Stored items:
##########

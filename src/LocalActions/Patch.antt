-- ===== src/LocalActions/Patch.antt =====
-- packages/hcp-runner/src/local-actions/executors.ts: applyUnifiedDiff and its helpers. A text is the
-- list of its code units. The two nested loops over the patch are one, with a flag for the inner one:
-- leaving it does not advance, and the outer loop skips the line on which it was left.
pub mod Digits
pub mod Split
pub mod Script
pub mod Apply
pub mod RoundTrip
mod Tests
use harness_control_protocol.Base.{
  ℕ, zero, suc, ◌+◌, ◌-◌, ◌*◌, String, Bool, true, false, not, ◌&&◌, ◌||◌, Option, none, some, List,
  [], ◌∷◌, ◌++◌, ltb, leb, ◌==◌, if◌then◌else◌, nat_eq, all, Result, ok, err, ◌>>=◌,
}
use harness_control_protocol.Base.Collation.{codes}

abbrev pub Text : Type 0
Text = List ℕ

-- The line separators of JavaScript that end no line here: `.` does not match them.
unfoldable pub is_separator : ℕ → Bool
is_separator c = c == 0x2028 || c == 0x2029

-- The matches of /.*(?:\r\n|\n|\r|$)/g that are not empty; `line` is what the match at hand has read.
-- A match that meets a separator fails at every start up to it, so the search goes on behind it.
unfoldable pub split_from : Text → Text → List Text
unfolding is_separator
split_from [] [] = []
split_from (x ∷ xs) [] = (x ∷ xs) ∷ []
split_from line (c ∷ []) = if is_separator c then [] else (line ++ c ∷ []) ∷ []
split_from line (c ∷ d ∷ cs) =
    let more = split_from (line ++ c ∷ []) (d ∷ cs) in
    let ended = (line ++ c ∷ []) ∷ split_from [] (d ∷ cs) in
    let ended_both = (line ++ c ∷ d ∷ []) ∷ split_from [] cs in
    let dropped = split_from [] (d ∷ cs) in
    if c == 0x0a
    then ended
    else if c == 0x0d
    then (if d == 0x0a then ended_both else ended)
    else if is_separator c
    then dropped
    else more

unfoldable pub split_lines_preserving_endings : Text → List Text
unfolding split_from
split_lines_preserving_endings t = split_from [] t

unfoldable pub starts_with : Text → Text → Bool
starts_with [] t = true
starts_with (c ∷ cs) [] = false
starts_with (c ∷ cs) (d ∷ ds) = c == d && starts_with cs ds

-- \s
is_space : ℕ → Bool
is_space c =
    (leb 9 c && leb c 13)
    || c == 32
    || c == 160
    || c == 0x1680
    || (leb 0x2000 c && leb c 0x200a)
    || c == 0x2028
    || c == 0x2029
    || c == 0x202f
    || c == 0x205f
    || c == 0x3000
    || c == 0xfeff

unfoldable pub is_digit : ℕ → Bool
is_digit c = leb b'0' c && leb c b'9'

-- The digits at the front, as a number behind the ones already read.
unfoldable pub read_digits : ℕ → Text → ℕ × Text
unfolding is_digit
read_digits n [] = (n, [])
read_digits n (c ∷ cs) =
    let more = read_digits (n * 10 + (c - b'0')) cs in if is_digit c then more else (n, c ∷ cs)

-- \d+
unfoldable pub number : Text → Option (ℕ × Text)
unfolding is_digit read_digits
number [] = none
number (c ∷ cs) = if is_digit c then some (read_digits 0 (c ∷ cs)) else none

-- A literal.
unfoldable pub literal : Text → Text → Option Text
literal [] t = some t
literal (c ∷ cs) [] = none
literal (c ∷ cs) (d ∷ ds) = if c == d then literal cs ds else none

-- (?:,\d+)?
unfoldable pub skip_count : Text → Text
skip_count [] = []
skip_count (c ∷ cs) = elim (number cs) [
  | none ↦ c ∷ cs
  | some (n, rest) ↦ if c == b',' then rest else c ∷ cs
]

infixl 5 ◌and_then◌
abbrev pub ◌and_then◌ : {A B : Type 0} → Option A → (A → Option B) → Option B
none and_then f = none
some a and_then f = f a

-- /^@@ -(?<oldStart>\d+)(?:,\d+)? \+\d+(?:,\d+)? @@/
unfoldable pub match_header : Text → Option ℕ
unfolding literal
match_header t = literal (codes "@@ -") t and_then λ rest.
    number rest and_then λ (start, after_start).
    literal (codes " +") (skip_count after_start) and_then λ new.
    number new and_then λ (new_start, after_new).
    literal (codes " @@") (skip_count after_new) and_then λ _. some start

-- /^@@\s*$/
unfoldable pub is_bare_header : Text → Bool
unfolding is_space
is_bare_header t = elim (literal (codes "@@") t) [ none ↦ false | some rest ↦ all is_space rest ]

-- The errors that are thrown, each with the code local_capability_action_failed; two of them quote a
-- line of the patch.
pub data PatchError : Type 0 where
  invalid_header : Text → PatchError
  starts_beyond_end : PatchError
  context_mismatch : PatchError
  unsupported_line : Text → PatchError

unfoldable pub parse_unified_diff_hunk_header : Text → Result PatchError ℕ
parse_unified_diff_hunk_header t =
    if is_bare_header t
    then ok 1
    else elim (match_header t) [ some start ↦ ok start | none ↦ err (invalid_header t) ]

-- The loops' variables: the lines of the original from originalIndex on, the index itself, the
-- output, `changed`, and whether the inner loop is on.
pub record Progress : Type 0 where
  pub rest : List Text
  pub index : ℕ
  pub output : List Text
  pub changed : Bool
  pub inside : Bool

-- The loop that copies `count` lines of the original, which pass the hunk by.
unfoldable pub copy_lines : ℕ → Progress → Result PatchError Progress
copy_lines zero p = ok p
copy_lines (suc count) p = elim p.rest [
  | [] ↦ err starts_beyond_end
  | line ∷ more ↦
      copy_lines count
        (record p { rest = more; index = p.index + 1; output = p.output ++ line ∷ [] })
]

unfoldable pub start_hunk : Text → Progress → Result PatchError Progress
start_hunk line p = parse_unified_diff_hunk_header line >>= λ old_start.
    copy_lines (old_start - 1 - p.index) (record p { inside = true })

same_text : Text → Text → Bool
same_text [] [] = true
same_text (x ∷ xs) (y ∷ ys) = x == y && same_text xs ys
same_text _ _ = false

-- assertPatchLineMatches with the original's line at originalIndex, and the lines behind it.
unfoldable pub assert_patch_line_matches : Text → List Text → Result PatchError (List Text)
unfolding same_text
assert_patch_line_matches expected [] = err context_mismatch
assert_patch_line_matches expected (actual ∷ more) =
    if same_text actual expected then ok more else err context_mismatch

body_of : Text → Text
body_of [] = []
body_of (c ∷ cs) = cs

-- A line of the inner loop.
unfoldable pub hunk_line : Text → Progress → Result PatchError Progress
unfolding starts_with body_of assert_patch_line_matches
hunk_line line p =
    let body = body_of line in
    let keep = assert_patch_line_matches body p.rest >>= λ more.
    ok (record p { rest = more; index = p.index + 1; output = p.output ++ body ∷ [] }) in
    let remove = assert_patch_line_matches body p.rest >>= λ more.
    ok (record p { rest = more; index = p.index + 1; changed = true }) in
    if starts_with (codes "\\ ") line
    then ok p
    else if starts_with (codes " ") line
    then keep
    else if starts_with (codes "-") line
    then remove
    else if starts_with (codes "+") line
    then ok (record p { output = p.output ++ body ∷ []; changed = true })
    else if starts_with (codes "--- ") line || starts_with (codes "+++ ") line
    then ok (record p { inside = false })
    else err (unsupported_line line)

unfoldable pub patch_line : Text → Progress → Result PatchError Progress
unfolding starts_with
patch_line line p =
    if starts_with (codes "@@") line
    then start_hunk line p
    else if p.inside
    then hunk_line line p
    else ok p

unfoldable pub patch_lines : List Text → Progress → Result PatchError Progress
patch_lines [] p = ok p
patch_lines (line ∷ lines) p = patch_line line p >>= patch_lines lines

pub record TextPatchResult : Type 0 where
  pub content : Text
  pub changed : Bool

unfoldable pub join : List Text → Text
join [] = []
join (line ∷ lines) = line ++ join lines

pub apply_unified_diff : Text → Text → Result PatchError TextPatchResult
unfolding patch_lines join
apply_unified_diff original patch =
    patch_lines (split_lines_preserving_endings patch) (record {
      rest = split_lines_preserving_endings original;
      index = 0;
      output = [];
      changed = false;
      inside = false;
    })
    >>= λ p. ok (record { content = join (p.output ++ p.rest); changed = p.changed })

##########

WHAT YOU SHOULD DO — Write out exactly the lines above between the line with "pub record Progress : Type 0 where" and the line with "-- A line of the inner loop.", inclusive, and nothing beyond them.

SOLUTION TO THIS EXERCISE —
pub record Progress : Type 0 where
  pub rest : List Text
  pub index : ℕ
  pub output : List Text
  pub changed : Bool
  pub inside : Bool

-- The loop that copies `count` lines of the original, which pass the hunk by.
unfoldable pub copy_lines : ℕ → Progress → Result PatchError Progress
copy_lines zero p = ok p
copy_lines (suc count) p = elim p.rest [
  | [] ↦ err starts_beyond_end
  | line ∷ more ↦
      copy_lines count
        (record p { rest = more; index = p.index + 1; output = p.output ++ line ∷ [] })
]

unfoldable pub start_hunk : Text → Progress → Result PatchError Progress
start_hunk line p = parse_unified_diff_hunk_header line >>= λ old_start.
    copy_lines (old_start - 1 - p.index) (record p { inside = true })

same_text : Text → Text → Bool
same_text [] [] = true
same_text (x ∷ xs) (y ∷ ys) = x == y && same_text xs ys
same_text _ _ = false

-- assertPatchLineMatches with the original's line at originalIndex, and the lines behind it.
unfoldable pub assert_patch_line_matches : Text → List Text → Result PatchError (List Text)
unfolding same_text
assert_patch_line_matches expected [] = err context_mismatch
assert_patch_line_matches expected (actual ∷ more) =
    if same_text actual expected then ok more else err context_mismatch

body_of : Text → Text
body_of [] = []
body_of (c ∷ cs) = cs

-- A line of the inner loop.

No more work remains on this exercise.